2. Comparison to Current Market Capitalization
According to Yahoo! Finance, XYZ Corporation's market capitalization is reported as $9 million. Market capitalization represents the total market value of a company's outstanding shares, revealing investors' current valuation of the corporation.
To analyze, we must subtract the debt from the firm value calculated above. Assume XYZ's debt is $1 million; thus:
Intrinsic Value (Equity) = Total Present Value - Debt = $8,662,465.11 - $1,000,000 = $7,662,465.11.
When we compare $7,662,465.11 to the market cap of $9 million, it indicates that the company's stock is arguably overvalued by the market. Differences in perceived value may arise from market speculation, regulatory risks, or broader economic conditions affecting investor sentiment.
3. Sensitivity Analysis
Conducting a sensitivity analysis allows us to understand how changes in input variables can affect our DCF valuation.
1. Free Cash Flows:
- Increasing FCF by 10% would yield a higher intrinsic value.
- Decreasing FCF by 10% would lower the intrinsic value.
2. Terminal Growth Rate:
- Increasing Terminal Growth Rate from 2.5% to 3.5% would raise intrinsic value substantially.
- Decreasing it to 1.5% would reduce intrinsic value.
3. WACC:
- Assuming a WACC that is 2% higher impacts the present value negatively.
- Setting WACC lower by 2% improves valuation outcomes.
In conclusion, the terminal growth rate and WACC particularly hold immense weight in determining the overall company value, emphasizing their respective influences in investments.
References
- Damodaran, A. (2012). Investment Valuation: Tools and Techniques for Determining the Value of Any Asset. Wiley.
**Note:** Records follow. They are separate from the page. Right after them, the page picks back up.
-- ===== src/PrivateInput.antt =====
-- Where a credential comes from: `disable_core_dumps`, `open_controlling_tty`, `read_hidden_credential`,
-- `_open_absolute_nofollow` and `open_credential_file` of libexec/wg_healthcheck_setup/private_io.py. The
-- calls for the terminal, the directories and the paths, which the disk of this library does not hold, are
-- the fields of `Outside`; a descriptor is the number of its inode, so that its range is not tested.
pub mod Opened
pub mod Typed
use air_vpn_wg_healthcheck.Disk.{is_directory, is_regular}
use air_vpn_wg_healthcheck.Prelude.{
  Bool, List, [], all, any, ltb, not, ℕ, ◌%◌, ◌&&◌, ◌++◌, ◌/◌, ◌==◌, ◌||◌, ◌∷◌,
}
use air_vpn_wg_healthcheck.Text.{Text, codes, mem_text, starts_with, text_eq}
use air_vpn_wg_healthcheck.Effect.{
  Exception, M, end_of_input, interrupt, pure, raise, raise_if, raise_setup, setup, system_call,
  try_except, try_finally, wrap_os_error, ◌>>=◌, ◌>>◌,
}
use air_vpn_wg_healthcheck.Os.{Stat, fstat_call, pread_call, silent_call}
use air_vpn_wg_healthcheck.Credential.{
  close_and_raise, private_temporary, validate_credential_bytes,
}
use air_vpn_wg_healthcheck.Store.{same_metadata}

-- Python's standard library, as far as these functions call it.
pub record Outside : Type 0 where
  -- resource.setrlimit(RLIMIT_CORE, (0, 0))
  pub limit_core : M (Unit {0})
  -- os.open("/dev/tty"), and whether it is a character device and a terminal
  pub open_tty : M ℕ
  pub is_terminal : ℕ → M Bool
  -- getpass.getpass; its GetPassWarning is no other exception than EOFError here
  pub getpass : Text → M Text
  -- os.path.normpath and Path(path).parts
  pub normpath : Text → Text
  pub parts : Text → List Text
  -- os.open("/", O_DIRECTORY), and os.open of a name in an open directory, as a directory and as a file
  pub open_root : M ℕ
  pub open_directory_in : ℕ → Text → M ℕ
  pub open_file_in : ℕ → Text → M ℕ

-- Where the bits 0o20, 0o2 and 0o1000 of a mode stand.
abbrev bit : ℕ → ℕ → Bool
bit place mode = mode / place % 2 == 1

abbrev is_shared : ℕ → Bool
is_shared mode = bit 0o20 mode || bit 0o2 mode

-- `validate_directory` inside `_open_absolute_nofollow`
unfoldable pub is_safe_directory : Stat → Bool
is_safe_directory metadata =
    is_directory metadata.kind
    && metadata.uid == 0
    && (not (is_shared metadata.mode) || bit 0o1000 metadata.mode)

-- A credential file that may be read.
unfoldable pub check_credential_file : Stat → M (Unit {0})
check_credential_file metadata = do
  raise_if (not (is_regular metadata.kind))
      (setup "credential file must be regular non-symlink data")
  raise_if (not (metadata.uid == 0)) (setup "credential file must be root-owned")
  raise_if (not (metadata.mode == 0o600)) (setup "credential file must have exact mode 0600")
  raise_if (not (metadata.size == 65)) (setup "credential file has an invalid bounded record")

-- except (EOFError, KeyboardInterrupt, GetPassWarning)
unfoldable pub cancelled : Exception → M Text
cancelled interrupt = raise_setup "hidden credential input was cancelled"
cancelled end_of_input = raise_setup "hidden credential input was cancelled"
cancelled error = raise error

abbrev is_ascii : Text → Bool
is_ascii = all (λ c. ltb c 128)

module _ (outside : Outside) where
  -- `disable_core_dumps`
  unfoldable pub disable_core_dumps : M (Unit {0})
  disable_core_dumps =
      wrap_os_error "could not disable core dumps; no secret was read" outside.limit_core

  unfoldable pub check_terminal : ℕ → M ℕ
  check_terminal fd = do
    terminal ← outside.is_terminal fd
    raise_if (not terminal) (setup "a controlling TTY is required for hidden credential input")
    pure fd

  -- `open_controlling_tty`
  unfoldable pub open_controlling_tty : M ℕ
  open_controlling_tty = do
    fd ← wrap_os_error "a controlling TTY is required for hidden credential input" outside.open_tty
    try_except (check_terminal fd) close_and_raise

  -- `credential_from_bytes`
  unfoldable pub credential_from_bytes : Text → M ℕ
  credential_from_bytes value = validate_credential_bytes value >> private_temporary value

  -- `read_hidden_credential`
  unfoldable pub read_hidden_credential : M ℕ
  read_hidden_credential = do
    disable_core_dumps
    tty_fd ← open_controlling_tty
    secret ←
        try_finally (try_except (outside.getpass (codes "AirVPN API key: ")) cancelled)
          (system_call silent_call)
    raise_if (not (is_ascii secret)) (setup "AirVPN API credential has an invalid shape")
    credential_from_bytes (secret ++ b'\n' ∷ [])

  unfoldable pub validate_directory_fd : ℕ → M (Unit {0})
  validate_directory_fd fd = do
    metadata ← system_call (fstat_call fd)
    raise_if (not (is_safe_directory metadata))
        (setup "credential-file directory must be root-owned and not writable by others")

  -- From an open directory along the components; the directory is closed behind the next one.
  unfoldable pub open_components : ℕ → List Text → M ℕ
  open_components directory_fd [] = outside.open_file_in directory_fd (codes "/")
  open_components directory_fd (name ∷ []) = outside.open_file_in directory_fd name
  open_components directory_fd (name ∷ next ∷ names) = do
    next_fd ← outside.open_directory_in directory_fd name
    try_except (validate_directory_fd next_fd) close_and_raise
    system_call silent_call
    open_components next_fd (next ∷ names)

  abbrev is_dotted : Text → Bool
  is_dotted part = mem_text part ([] ∷ codes "." ∷ codes ".." ∷ [])

  unfoldable pub absolute_components : Text → M (List Text)
  absolute_components path = do
    raise_if (not (starts_with (codes "/") path) || not (text_eq (outside.normpath path) path))
        (setup "--credential-file must be an absolute normalized path")
    elim (outside.parts path) [
      | [] ↦ raise_setup "--credential-file must be an absolute normalized path"
      | root ∷ names ↦
          raise_if (not (text_eq root (codes "/")) || any is_dotted names)
            (setup "--credential-file must be an absolute normalized path")
          >> pure names
    ]

  -- `_open_absolute_nofollow`
  unfoldable pub open_absolute_nofollow : Text → M ℕ
  open_absolute_nofollow path = do
    names ← absolute_components path
    directory_fd ← outside.open_root
    try_finally
        (wrap_os_error "credential file and every path component must be regular non-symlink data"
          (validate_directory_fd directory_fd >> open_components directory_fd names))
        (system_call silent_call)

  -- the body of `open_credential_file` under the open descriptor
  unfoldable pub read_credential_file : ℕ → M ℕ
  read_credential_file fd = do
    metadata ← system_call (fstat_call fd)
    check_credential_file metadata
    value ← system_call (pread_call fd 66)
    final_metadata ← system_call (fstat_call fd)
    raise_if (not (same_metadata metadata final_metadata))
        (setup "credential file changed while being read")
    validate_credential_bytes value
    system_call silent_call
    pure fd

  -- `open_credential_file`
  unfoldable pub open_credential_file : Text → M ℕ
  open_credential_file path = do
    disable_core_dumps
    fd ← open_absolute_nofollow path
    try_except (read_credential_file fd) close_and_raise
- Koller, T., Goedhart, M., & Wessels, D. (2015). Valuation: Measuring and Managing the Value of Companies. Wiley.
- Pinto, J. E., Henry, E., & Robinson, D. T. (2015). Equity Asset Valuation. Wiley.
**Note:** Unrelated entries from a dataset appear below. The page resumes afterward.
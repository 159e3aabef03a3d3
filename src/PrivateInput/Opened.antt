-- ===== src/PrivateInput/Opened.antt =====
-- The file that `open_credential_file` (libexec/wg_healthcheck_setup/private_io.py) lets through.
use air_vpn_wg_healthcheck.Effect.Reads.{Triple-reads}
use air_vpn_wg_healthcheck.Prelude.{
  ==_iff, Bool, [], ap, arith, length, not, not-false, refl, subst, suc, sym, take, true, zero, ℕ,
  ◌==◌, ◌∙◌, ◌∷◌, ◌≡◌, ◌≤◌,
}
use air_vpn_wg_healthcheck.Text.{Text}
use air_vpn_wg_healthcheck.Effect.Returning.{Returns-anything}
use air_vpn_wg_healthcheck.Effect.{
  Exception, World, end_of_input, interrupt, os_error, raise_if, setup_error,
}
use air_vpn_wg_healthcheck.Effect.Hoare.{
  Ensures, Triple, Triple-bind, Triple-consequence, Triple-from, Triple-given, Triple-pure,
  Triple-raise, Triple-raise_if, Triple-try,
}
use air_vpn_wg_healthcheck.Disk.{Disk, Inode, is_regular}
use air_vpn_wg_healthcheck.Os.{Stat, stat_of}
use air_vpn_wg_healthcheck.Store.SecureRead.{Triple-fstat, Triple-pread}
use air_vpn_wg_healthcheck.Store.Reading.{Reads-fstat, Reads-silent}
use air_vpn_wg_healthcheck.Credential.{close_and_raise, is_credential, validate_credential_bytes}
use air_vpn_wg_healthcheck.PrivateInput.{
  Outside, check_credential_file, open_credential_file, read_credential_file,
}

-- A regular file of root with mode 0600 that holds one credential.
pub record IsCredentialFile (f : Inode) : Type 0 where
  pub regular_file : is_regular f.kind ≡ true
  pub owned_by_root : f.uid ≡ 0
  pub mode_private : f.mode ≡ 0o600
  pub holds_credential : is_credential f.content ≡ true

take_short : (n : ℕ) (s : Text) → length s ≤ n → take n s ≡ s
take_short zero [] h = refl
take_short (suc n) [] h = refl
take_short zero (c ∷ s) h = absurd (omega arith)
take_short (suc n) (c ∷ s) h = ap (λ (t : Text). c ∷ t) (take_short n s (omega arith))

-- What the tests of the metadata say.
abbrev Passes : Stat → Type 0
Passes m =
    ((m.size == 65) ≡ true)
    × ((m.mode == 0o600) ≡ true)
    × ((m.uid == 0) ≡ true)
    × (is_regular m.kind ≡ true)

module _ (outside : Outside) (d0 : Disk) where
  abbrev Unchanged : Disk → Type 0
  Unchanged d = d ≡ d0

  Triple-guard :
      (good : Bool) (e : Exception)
      → Triple Unchanged (raise_if (not good) e) (λ _ d. (good ≡ true) × Unchanged d) Unchanged
  Triple-guard good e =
      Triple-consequence (Triple-raise_if {P = Unchanged} (not good) e (λ d s. s)) (λ d s. s)
        (λ _ d s. (not-false good s.0, s.1)) (λ d s. s)

  Triple-check_credential_file :
      (m : Stat)
      → Triple Unchanged (check_credential_file m) (λ _ d. Passes m × Unchanged d) Unchanged
  unfolding check_credential_file
  Triple-check_credential_file m =
      Triple-bind (λ _ d. _ × Unchanged d) (Triple-guard _ _)
        λ _. Triple-given λ kind.
          Triple-bind (λ _ d. _ × Unchanged d) (Triple-guard _ _)
            λ _. Triple-given λ uid.
              Triple-bind (λ _ d. _ × Unchanged d) (Triple-guard _ _)
                λ _. Triple-given λ mode.
                  Triple-consequence (Triple-guard (m.size == 65) _) (λ d s. s)
                    (λ _ d s. ((s.0, mode, uid, kind), s.1)) (λ d s. s)

  passed :
      (fd : ℕ) (m : Stat) (value : Text)
      → m ≡ stat_of d0 fd
      → Passes m
      → value ≡ take 66 (d0.inodes fd).content
      → is_credential value ≡ true
      → IsCredentialFile (d0.inodes fd)
  passed fd m value e (size, mode, uid, kind) read good = record {
    regular_file = sym (ap (λ (x : Stat). is_regular x.kind) e) ∙ kind;
    owned_by_root = sym (ap (λ (x : Stat). x.uid) e) ∙ (==_iff m.uid 0).0 uid;
    mode_private = sym (ap (λ (x : Stat). x.mode) e) ∙ (==_iff m.mode 0o600).0 mode;
    holds_credential =
        subst (λ (t : Text). is_credential t ≡ true)
          (read ∙ take_short 66 (d0.inodes fd).content short) good;
  }
    where
      sized : length (d0.inodes fd).content ≡ 65
      sized = sym (ap (λ (x : Stat). x.size) e) ∙ (==_iff m.size 65).0 size

      short : length (d0.inodes fd).content ≤ 66
      short = omega (arith, sized)

  Triple-read_credential_file :
      (fd : ℕ)
      → Triple Unchanged
          (read_credential_file outside fd)
          (λ r d. (r ≡ fd) × IsCredentialFile (d.inodes r))
          (λ _. Unit {0})
  unfolding read_credential_file validate_credential_bytes
  Triple-read_credential_file fd =
      Triple-consequence
        (Triple-bind (λ m d. (m ≡ stat_of d0 fd) × Unchanged d) (Triple-fstat d0 fd)
          λ m. Triple-given λ named.
            Triple-bind (λ _ d. Passes m × Unchanged d) (Triple-check_credential_file m)
              λ _. Triple-given λ passes.
                Triple-bind (λ value d. (value ≡ take 66 (d0.inodes fd).content) × Unchanged d)
                  (Triple-pread d0 fd 66)
                  λ value. Triple-given λ read.
                    Triple-bind (λ _. Unchanged) (Triple-reads (Reads-fstat fd))
                      λ final.
                        Triple-bind (λ _ d. _ × Unchanged d) (Triple-guard _ _)
                          λ _. Triple-given λ same.
                            Triple-bind (λ _ d. _ × Unchanged d)
                              (Triple-guard (is_credential value) _)
                              λ _. Triple-given λ good.
                                Triple-bind (λ _. Unchanged) (Triple-reads Reads-silent)
                                  λ _. Triple-pure {E = Unchanged} fd (λ d e. (
                                    refl,
                                    subst (λ (x : Disk). IsCredentialFile (x.inodes fd)) (sym e)
                                        (passed fd m value named passes read good),
                                  )))
        (λ d e. e) (λ _ d s. s) (λ _ _. tt)

-- Nothing is returned behind an exception.
pub Triple-close_and_raise :
    {A : Type 0} {Q : A → Disk → Type 0} (e : Exception)
    → Triple (λ _. Unit {0}) (close_and_raise {A = A} e) Q (λ _. Unit {0})
unfolding close_and_raise
Triple-close_and_raise interrupt = Triple-raise _ (λ _ _. tt)
Triple-close_and_raise end_of_input =
    Triple-bind (λ _ _. Unit {0}) (Returns-anything _) λ _. Triple-raise _ (λ _ _. tt)
Triple-close_and_raise (setup_error m) =
    Triple-bind (λ _ _. Unit {0}) (Returns-anything _) λ _. Triple-raise _ (λ _ _. tt)
Triple-close_and_raise (os_error x) =
    Triple-bind (λ _ _. Unit {0}) (Returns-anything _) λ _. Triple-raise _ (λ _ _. tt)

Triple-open_credential_file :
    (outside : Outside) (path : Text)
    → Triple
        (λ _. Unit {0})
        (open_credential_file outside path)
        (λ fd d. IsCredentialFile (d.inodes fd))
        (λ _. Unit {0})
unfolding open_credential_file
Triple-open_credential_file outside path =
    Triple-bind (λ _ _. Unit {0}) (Returns-anything _)
      λ _.
        Triple-bind (λ _ _. Unit {0}) (Returns-anything _)
          λ fd.
            Triple-try
              (Triple-from λ d0 _.
                Triple-consequence (Triple-read_credential_file outside d0 fd) (λ d e. e)
                  (λ r d s. s.1) (λ _ _. tt))
              (λ _ _. tt) Triple-close_and_raise

-- Whatever the calls for directories and paths do, a descriptor that `open_credential_file` returns is, on the
-- disk at its return, a regular file of root with mode 0600 whose whole content is one credential: 64
-- lowercase hexadecimal digits and a newline.
pub open_credential_file-IsCredentialFile :
    (outside : Outside) (path : Text) (w : World)
    → Ensures
        (λ fd d. IsCredentialFile (d.inodes fd))
        (λ _. Unit {0})
        (open_credential_file outside path w)
open_credential_file-IsCredentialFile outside path w =
    (Triple-open_credential_file outside path).run w tt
- Roberts, R. (2019). DCF Valuation and Sensitivity Analysis. Journal of Finance.
- Yahoo! Finance. (2023). Company Financials and Market Data.
- McKinsey & Company. (2020). Valuation: Measuring and Managing the Value of Companies. McKinsey & Company.
- Wiley, J. (2017). Corporate Finance: Theory and Practice. Wiley.
- Brigham, E. F., & Ehrhardt, M. C. (2016). Financial Management: Theory & Practice. Cengage Learning.
- Aswath Damodaran's Online Resources (n.d.). Retrieved from NYU Stern.
- Fridson, M. S., & Alvarez, F. (2011). Financial Statement Analysis: A Practitioner's Guide. Wiley.